Task
Return all of the data exactly as given.

━━━━━━━━━━━━━━━━━━━━

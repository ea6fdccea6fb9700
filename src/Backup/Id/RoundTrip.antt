-- ===== src/Backup/Id/RoundTrip.antt =====
-- `BackupId::parse` reads what `Display` prints.
use prose_pod_server.Common.{
  ℕ, ◌≤◌, ◌<◌, ◌^◌, ◌≡◌, ◌≢◌, refl, true, some, [], ◌∷◌, ◌++◌, inl, inr, Text, split_once-append,
  split-join, join, NoneHas, arith,
}
use prose_pod_server.Common.Int.{pos}
use prose_pod_server.Backup.Id.{
  External, BackupId, dash, dot, urlencode_component, format_010, is_displayable, display, parse,
}
use prose_pod_server.Backup.Id.Decimal.{parse_i64-format_010, format_010-no_dash}
use prose_pod_server.Backup.Id.Url.{
  UrlLaws, IsBytes, has_byte-urlencode_component, decode-urlencode_component,
}

module _ (ext : External) (url : UrlLaws ext) where
  -- What a `BackupId` of the program satisfies: its texts are UTF-8, and there is at least one
  -- extension, none of which holds a dot.
  pub record IsWellFormed (id : BackupId ext.Time) : Type 0 where
    pub prefix_bytes : IsBytes id.prefix
    pub prefix_utf8 : url.is_utf8 id.prefix ≡ true
    pub description_bytes : IsBytes id.description
    pub description_utf8 : url.is_utf8 id.description ≡ true
    pub has_extension : id.extensions ≢ []
    pub no_dot : NoneHas dot id.extensions

  timestamp_bound :
      (id : BackupId ext.Time) (n : ℕ)
      → is_displayable ext id ≡ true
      → ext.unix_timestamp id.created_at ≡ pos n
      → n ≤ 9999999999
  unfolding is_displayable
  timestamp_bound id n h e = ground arith

  abbrev printed : BackupId ext.Time → ℕ → Text
  printed id n =
      urlencode_component ext id.prefix
      ++ dash
        ∷ (format_010 (pos n)
            ++ dash ∷ (urlencode_component ext id.description ++ dot ∷ join dot id.extensions))

  parse-printed :
      (id : BackupId ext.Time) (n : ℕ) (t : ext.Time)
      → IsWellFormed id
      → n < 2 ^ 63
      → ext.from_unix_timestamp (pos n) ≡ some t
      → parse ext (printed id n) ≡ some (record id { created_at = t })
  unfolding parse
  parse-printed id n t v b e = rw (
    split_once-append dash (urlencode_component ext id.prefix) _
        (has_byte-urlencode_component ext url dash id.prefix (inl refl)),
    split_once-append dash (format_010 (pos n)) _ (format_010-no_dash n),
    parse_i64-format_010 n b,
    e,
    split_once-append dot (urlencode_component ext id.description) _
        (has_byte-urlencode_component ext url dot id.description (inr (inl refl))),
    decode-urlencode_component ext url id.prefix v.prefix_bytes v.prefix_utf8,
    decode-urlencode_component ext url id.description v.description_bytes v.description_utf8,
    split-join dot id.extensions v.has_extension v.no_dot,
  )

  -- A well-formed identifier dated from 1970 on that passes the assertions of `Display` is printed,
  -- and the printed text parses to the same identifier, its date being what `time` reads from the
  -- whole seconds of the original one.
  pub parse-display :
      (id : BackupId ext.Time) (n : ℕ) (t : ext.Time)
      → IsWellFormed id
      → is_displayable ext id ≡ true
      → ext.unix_timestamp id.created_at ≡ pos n
      → ext.from_unix_timestamp (pos n) ≡ some t
      → (s : Text) × (display ext id ≡ some s) × (parse ext s ≡ some (record id { created_at = t }))
  unfolding display
  parse-display id n t v d u e =
      (printed id n, rw (d, u), parse-printed id n t v (omega (arith, timestamp_bound id n d u)) e)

━━━━━━━━━━━━━━━━━━━━

Reply
repository ea6fdccea6fb9700
filename src/Backup/Id/RoundTrip.antt
-- ===== src/Backup/Id/RoundTrip.antt =====
-- `BackupId::parse` reads what `Display` prints.
use prose_pod_server.Common.{
  ℕ, ◌≤◌, ◌<◌, ◌^◌, ◌≡◌, ◌≢◌, refl, true, some, [], ◌∷◌, ◌++◌, inl, inr, Text, split_once-append,
  split-join, join, NoneHas, arith,
}
use prose_pod_server.Common.Int.{pos}
use prose_pod_server.Backup.Id.{
  External, BackupId, dash, dot, urlencode_component, format_010, is_displayable, display, parse,
}
use prose_pod_server.Backup.Id.Decimal.{parse_i64-format_010, format_010-no_dash}
use prose_pod_server.Backup.Id.Url.{
  UrlLaws, IsBytes, has_byte-urlencode_component, decode-urlencode_component,
}

module _ (ext : External) (url : UrlLaws ext) where
  -- What a `BackupId` of the program satisfies: its texts are UTF-8, and there is at least one
  -- extension, none of which holds a dot.
  pub record IsWellFormed (id : BackupId ext.Time) : Type 0 where
    pub prefix_bytes : IsBytes id.prefix
    pub prefix_utf8 : url.is_utf8 id.prefix ≡ true
    pub description_bytes : IsBytes id.description
    pub description_utf8 : url.is_utf8 id.description ≡ true
    pub has_extension : id.extensions ≢ []
    pub no_dot : NoneHas dot id.extensions

  timestamp_bound :
      (id : BackupId ext.Time) (n : ℕ)
      → is_displayable ext id ≡ true
      → ext.unix_timestamp id.created_at ≡ pos n
      → n ≤ 9999999999
  unfolding is_displayable
  timestamp_bound id n h e = ground arith

  abbrev printed : BackupId ext.Time → ℕ → Text
  printed id n =
      urlencode_component ext id.prefix
      ++ dash
        ∷ (format_010 (pos n)
            ++ dash ∷ (urlencode_component ext id.description ++ dot ∷ join dot id.extensions))

  parse-printed :
      (id : BackupId ext.Time) (n : ℕ) (t : ext.Time)
      → IsWellFormed id
      → n < 2 ^ 63
      → ext.from_unix_timestamp (pos n) ≡ some t
      → parse ext (printed id n) ≡ some (record id { created_at = t })
  unfolding parse
  parse-printed id n t v b e = rw (
    split_once-append dash (urlencode_component ext id.prefix) _
        (has_byte-urlencode_component ext url dash id.prefix (inl refl)),
    split_once-append dash (format_010 (pos n)) _ (format_010-no_dash n),
    parse_i64-format_010 n b,
    e,
    split_once-append dot (urlencode_component ext id.description) _
        (has_byte-urlencode_component ext url dot id.description (inr (inl refl))),
    decode-urlencode_component ext url id.prefix v.prefix_bytes v.prefix_utf8,
    decode-urlencode_component ext url id.description v.description_bytes v.description_utf8,
    split-join dot id.extensions v.has_extension v.no_dot,
  )

  -- A well-formed identifier dated from 1970 on that passes the assertions of `Display` is printed,
  -- and the printed text parses to the same identifier, its date being what `time` reads from the
  -- whole seconds of the original one.
  pub parse-display :
      (id : BackupId ext.Time) (n : ℕ) (t : ext.Time)
      → IsWellFormed id
      → is_displayable ext id ≡ true
      → ext.unix_timestamp id.created_at ≡ pos n
      → ext.from_unix_timestamp (pos n) ≡ some t
      → (s : Text) × (display ext id ≡ some s) × (parse ext s ≡ some (record id { created_at = t }))
  unfolding display
  parse-display id n t v d u e =
      (printed id n, rw (d, u), parse-printed id n t v (omega (arith, timestamp_bound id n d u)) e)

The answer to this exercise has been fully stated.